# [Your task]
In the entries below, find each line with the string "List" and copy it.
# # # #
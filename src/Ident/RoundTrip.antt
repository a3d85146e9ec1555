-- ===== src/Ident/RoundTrip.antt =====
-- internal/util/ident: an identifier that was quoted is parsed as what it was.
use cdc_sink.Base.{
  ℕ, zero, suc, ◌+◌, ◌-◌, ◌≤◌, ◌<◌, ◌≡◌, ◌≢◌, refl, sym, ap, ◌∙◌, subst, inl, inr, Option, none,
  some, List, [], ◌∷◌, ◌++◌, append_assoc, length, length-append, take, drop, take-length,
  drop-append, eqb, eqb_iff, arith, nat_eq, ◌==◌, Bool-cases,
}
use cdc_sink.Ident.{Text, quote, new, double_quotes, atom_string}
use cdc_sink.Ident.Utf8.{rune_error, decode_rune, IsRune, one, two, three, four, decode_rune-IsRune}
use cdc_sink.Ident.Parse.{
  done, ◌>>=◌, single_quotes, scan_quoted, cut_quoted, parse_quoted, parse_ident,
}

-- A text in UTF-8 without the rune that stands for an error.
pub data IsText : Text → Type 0 where
  end : IsText []
  rune :
      (u : List ℕ) (r : ℕ) (s t : Text)
      → IsRune u r
      → r ≢ rune_error
      → IsText s
      → t ≡ u ++ s
      → IsText t

-- What may follow a quoted identifier: nothing, or an ASCII character other than a quote.
pub data IsClear : Text → Type 0 where
  nothing : IsClear []
  ascii : (c : ℕ) (s : Text) → c < 0x80 → c ≢ quote → IsClear (c ∷ s)

single-other : (c : ℕ) (s : Text) → c ≢ quote → single_quotes (c ∷ s) ≡ c ∷ single_quotes s
unfolding single_quotes
single-other c [] h = refl
single-other c (d ∷ s) h = ground arith

single-pair : (s : Text) → single_quotes (quote ∷ quote ∷ s) ≡ quote ∷ single_quotes s
unfolding single_quotes
single-pair s = refl

single-double : (s : Text) → single_quotes (double_quotes s) ≡ s
unfolding double_quotes
single-double [] = unfold single_quotes in refl
single-double (c ∷ s) = elim (Bool-cases (c == quote)) [
  | inl here ↦
      let p : c ≡ quote = (eqb_iff c quote).0 here in
      rw here
        (single-pair (double_quotes s) ∙ ap (◌∷◌ quote) (single-double s) ∙ ap (λ d. d ∷ s) (sym p))
  | inr other ↦ rw other (
      single-other c (double_quotes s) (λ p. ground (arith, other, p))
      ∙ ap (◌∷◌ c) (single-double s))
]

-- Only one rune has the byte of a quote.
IsRune-quote : {u : List ℕ} {r : ℕ} → IsRune u r → r ≡ quote → u ≡ quote ∷ []
IsRune-quote (one b h) p = cc
IsRune-quote (two b0 b1 h0 h1) p = absurd (omega (arith, p))
IsRune-quote (three b0 b1 b2 h0 hb h1 h2) p = absurd (ground (arith, p))
IsRune-quote (four b0 b1 b2 b3 h0 hb h1 h2 h3) p = absurd (ground (arith, p))

double_quotes-rune :
    {u : List ℕ} {r : ℕ}
    → IsRune u r
    → r ≢ quote
    → (s : Text) → double_quotes (u ++ s) ≡ u ++ double_quotes s
unfolding double_quotes
double_quotes-rune (one b h) p s = ground arith
double_quotes-rune (two b0 b1 h0 h1) p s = ground arith
double_quotes-rune (three b0 b1 b2 h0 hb h1 h2) p s = ground arith
double_quotes-rune (four b0 b1 b2 b3 h0 hb h1 h2 h3) p s = ground arith

IsRune-cons : {u : List ℕ} {r : ℕ} → IsRune u r → (c : ℕ) × (w : List ℕ) × (u ≡ c ∷ w)
IsRune-cons (one b h) = (b, [], refl)
IsRune-cons (two b0 b1 h0 h1) = (b0, b1 ∷ [], refl)
IsRune-cons (three b0 b1 b2 h0 hb h1 h2) = (b0, b1 ∷ b2 ∷ [], refl)
IsRune-cons (four b0 b1 b2 b3 h0 hb h1 h2 h3) = (b0, b1 ∷ b2 ∷ b3 ∷ [], refl)

module _ (fuel idx prev : ℕ) (last : Option ℕ) (c : ℕ) (w : Text) (next size : ℕ)
    (decoded : decode_rune (c ∷ w) ≡ (next, size)) where
  scan-plain :
      next ≢ rune_error
      → next ≢ quote
      → prev ≢ quote
      → scan_quoted (suc fuel) idx prev last (c ∷ w)
        ≡ scan_quoted fuel (idx + size) next last (drop size (c ∷ w))
  unfolding scan_quoted
  scan-plain fine other before = ground (arith, decoded)

  scan-closed :
      next ≡ quote
      → prev ≢ quote
      → scan_quoted (suc fuel) idx prev last (c ∷ w)
        ≡ scan_quoted fuel (idx + size) next (some idx) (drop size (c ∷ w))
  unfolding scan_quoted
  scan-closed here before = ground (arith, decoded)

  scan-escaped :
      next ≡ quote
      → prev ≡ quote
      → scan_quoted (suc fuel) idx prev last (c ∷ w)
        ≡ scan_quoted fuel (idx + size) 0 none (drop size (c ∷ w))
  unfolding scan_quoted
  scan-escaped here before = ground (arith, decoded)

  scan-past :
      next ≢ rune_error
      → next ≢ quote
      → prev ≡ quote
      → scan_quoted (suc fuel) idx prev last (c ∷ w) ≡ done last
  unfolding scan_quoted
  scan-past fine other before = ground (arith, decoded)

scan-after :
    (fuel i idx : ℕ) (rest : Text)
    → IsClear rest
    → length rest ≤ fuel
    → scan_quoted fuel i quote (some idx) rest ≡ done (some idx)
scan-after zero i idx rest nothing enough = unfold scan_quoted in refl
scan-after (suc fuel) i idx rest nothing enough = unfold scan_quoted in refl
scan-after zero i idx rest (ascii c s small other) enough = absurd (omega (arith, enough))
scan-after (suc fuel) i idx rest (ascii c s small other) enough =
    scan-past fuel i quote (some idx) c s c 1 (decode_rune-IsRune (one c small) s)
      (λ p. omega (arith, p, small)) other refl

scan-end :
    (fuel idx prev : ℕ) (last : Option ℕ) (rest : Text)
    → IsClear rest
    → prev ≢ quote
    → length (quote ∷ rest) ≤ fuel
    → scan_quoted fuel idx prev last (quote ∷ rest) ≡ done (some idx)
scan-end zero idx prev last rest clear before enough = absurd (omega (arith, enough))
scan-end (suc fuel) idx prev last rest clear before enough =
    scan-closed fuel idx prev last quote rest quote 1
      (decode_rune-IsRune (one quote (omega arith)) rest) refl before
    ∙ scan-after fuel (idx + 1) idx rest clear (omega (arith, enough))

scan-pair :
    (fuel idx prev : ℕ) (last : Option ℕ) (rest : Text)
    → prev ≢ quote
    → scan_quoted (suc (suc fuel)) idx prev last (quote ∷ quote ∷ rest)
      ≡ scan_quoted fuel (idx + 1 + 1) 0 none rest
scan-pair fuel idx prev last rest before =
    scan-closed (suc fuel) idx prev last quote (quote ∷ rest) quote 1
      (decode_rune-IsRune (one quote (omega arith)) (quote ∷ rest)) refl before
    ∙ scan-escaped fuel (idx + 1) quote (some idx) quote rest quote 1
        (decode_rune-IsRune (one quote (omega arith)) rest) refl refl

scan-rune :
    {u : List ℕ} {r : ℕ} (is_rune : IsRune u r) (fuel idx prev : ℕ) (last : Option ℕ) (s : Text)
    → r ≢ rune_error
    → r ≢ quote
    → prev ≢ quote
    → scan_quoted (suc fuel) idx prev last (u ++ s) ≡ scan_quoted fuel (idx + length u) r last s
scan-rune (one b h) fuel idx prev last s =
    scan-plain fuel idx prev last b s _ _ (decode_rune-IsRune (one b h) s)
scan-rune (two b0 b1 h0 h1) fuel idx prev last s =
    scan-plain fuel idx prev last b0 (b1 ∷ s) _ _ (decode_rune-IsRune (two b0 b1 h0 h1) s)
scan-rune (three b0 b1 b2 h0 hb h1 h2) fuel idx prev last s =
    scan-plain fuel idx prev last b0 (b1 ∷ b2 ∷ s) _ _
      (decode_rune-IsRune (three b0 b1 b2 h0 hb h1 h2) s)
scan-rune (four b0 b1 b2 b3 h0 hb h1 h2 h3) fuel idx prev last s =
    scan-plain fuel idx prev last b0 (b1 ∷ b2 ∷ b3 ∷ s) _ _
      (decode_rune-IsRune (four b0 b1 b2 b3 h0 hb h1 h2 h3) s)

-- What the scan of an escaped text comes to.
abbrev EndsAt : ℕ → ℕ → ℕ → Option ℕ → Text → Text → Type 0
EndsAt fuel idx prev last d rest =
    scan_quoted fuel idx prev last (d ++ quote ∷ rest) ≡ done (some (idx + length d))

-- The scan ends at the quote behind an escaped text.
scan-double :
    (fuel idx prev : ℕ) (last : Option ℕ) (s rest : Text)
    → IsText s
    → IsClear rest
    → prev ≢ quote
    → length (double_quotes s ++ quote ∷ rest) ≤ fuel
    → EndsAt fuel idx prev last (double_quotes s) rest
unfolding double_quotes
scan-double fuel idx prev last s rest end clear before enough =
    scan-end fuel idx prev last rest clear before enough ∙ ap (λ n. done (some n)) (omega arith)
scan-double zero idx prev last s rest (rune u r s' t is_rune fine text p) clear before enough =
    absurd (omega (arith, enough, length-append (double_quotes s) (quote ∷ rest)))
scan-double (suc fuel) idx prev last s rest (rune u r s' t is_rune fine text p) clear before
      enough =
    elim (Bool-cases (eqb r quote)) [
      | inl here ↦
          let only : u ≡ quote ∷ [] = IsRune-quote is_rune ((eqb_iff r quote).0 here) in
          let d = double_quotes s' in
          let e : double_quotes s ≡ quote ∷ quote ∷ d =
            ap double_quotes (p ∙ ap (λ x. x ++ s') only) in
          let sizes : length (double_quotes s) ≡ suc (suc (length d)) = ap length e in
          let len = length-append (double_quotes s) (quote ∷ rest) in
          let len' = length-append d (quote ∷ rest) in
          let less : fuel ≡ suc (fuel - 1) = omega (arith, enough, sizes, len) in
          let more : length (d ++ quote ∷ rest) ≤ fuel - 1 =
            omega (arith, enough, sizes, len, len') in
          let zero_ne : 0 ≢ quote = λ q. omega (arith, q) in
          subst (λ x. EndsAt (suc fuel) idx prev last x rest) (sym e)
            (ap (λ f. scan_quoted (suc f) idx prev last (quote ∷ quote ∷ (d ++ quote ∷ rest))) less
              ∙ scan-pair (fuel - 1) idx prev last (d ++ quote ∷ rest) before
              ∙ scan-double (fuel - 1) (idx + 1 + 1) 0 none s' rest text clear zero_ne more
              ∙ ap (λ n. done (some n)) (omega arith))
      | inr other ↦
          let differs : r ≢ quote = λ e. ground (arith, other, e) in
          let e : double_quotes s ≡ u ++ double_quotes s' =
            ap double_quotes p ∙ double_quotes-rune is_rune differs s' in
          let d = double_quotes s' in
          let len = length-append u d in
          let more : length (d ++ quote ∷ rest) ≤ fuel =
            let (c, w, cons) = IsRune-cons is_rune in
            omega (
              arith,
              enough,
              len,
              ap length e,
              ap length cons,
              length-append (double_quotes s) (quote ∷ rest),
              length-append d (quote ∷ rest),
            ) in
          subst (λ x. EndsAt (suc fuel) idx prev last x rest) (sym e)
            (ap (scan_quoted (suc fuel) idx prev last) (append_assoc u d (quote ∷ rest))
              ∙ scan-rune is_rune fuel idx prev last (d ++ quote ∷ rest) fine differs before
              ∙ scan-double fuel (idx + length u) r last s' rest text clear differs more
              ∙ ap (λ n. done (some n)) (omega (arith, len)))
    ]

cut-done :
    (s d rest : Text) (last : ℕ)
    → take (last - 1) (drop 1 s) ≡ d
    → drop (last + 1) s ≡ rest
    → cut_quoted s (some last) ≡ done (new (single_quotes d), rest)
unfolding cut_quoted
cut-done s d rest last p q = rw (p, q) refl

-- An identifier in UTF-8 without U+FFFD, the rune that stands for an error, that `String` has quoted
-- is parsed back by `ParseIdent`, which leaves just the text behind it, if that is empty or begins with
-- an ASCII character other than a quote.
pub parse_ident-atom_string :
    (s rest : Text)
    → IsText s
    → IsClear rest
    → parse_ident (atom_string (new s) ++ rest) ≡ done (new s, rest)
unfolding parse_ident parse_quoted atom_string
parse_ident-atom_string s rest text clear =
    let d = double_quotes s in
    let len = length-append d (quote ∷ rest) in
    let assoc : (d ++ quote ∷ []) ++ rest ≡ d ++ quote ∷ rest = append_assoc d (quote ∷ []) rest in
    let whole : length (quote ∷ (d ++ quote ∷ rest)) ≡ suc (length (d ++ quote ∷ rest)) = refl in
    let scan =
      scan-double (length (quote ∷ (d ++ quote ∷ rest))) 1 0 none s rest text clear
        (λ q. omega (arith, q)) (omega arith) in
    let inner : take (1 + length d - 1) (d ++ quote ∷ rest) ≡ d =
      take-length d (quote ∷ rest) (1 + length d - 1) (omega arith) in
    let outer : drop (1 + length d + 1) (quote ∷ (d ++ quote ∷ rest)) ≡ rest =
      ap (λ x. drop (1 + length d + 1) (quote ∷ x)) (sym assoc)
      ∙ drop-append (quote ∷ (d ++ quote ∷ [])) rest (1 + length d + 1)
          (omega (arith, length-append d (quote ∷ []))) in
    rw assoc (
      ap (λ o. o >>= cut_quoted (quote ∷ (d ++ quote ∷ rest))) scan
      ∙ cut-done (quote ∷ (d ++ quote ∷ rest)) d rest (1 + length d) inner outer
      ∙ ap (λ x. done (new x, rest)) (single-double s))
# # # #
# [Exercise response]
  some, List, [], ◌∷◌, ◌++◌, append_assoc, length, length-append, take, drop, take-length,
      (u : List ℕ) (r : ℕ) (s t : Text)
IsRune-quote : {u : List ℕ} {r : ℕ} → IsRune u r → r ≡ quote → u ≡ quote ∷ []
    {u : List ℕ} {r : ℕ}
IsRune-cons : {u : List ℕ} {r : ℕ} → IsRune u r → (c : ℕ) × (w : List ℕ) × (u ≡ c ∷ w)
    {u : List ℕ} {r : ℕ} (is_rune : IsRune u r) (fuel idx prev : ℕ) (last : Option ℕ) (s : Text)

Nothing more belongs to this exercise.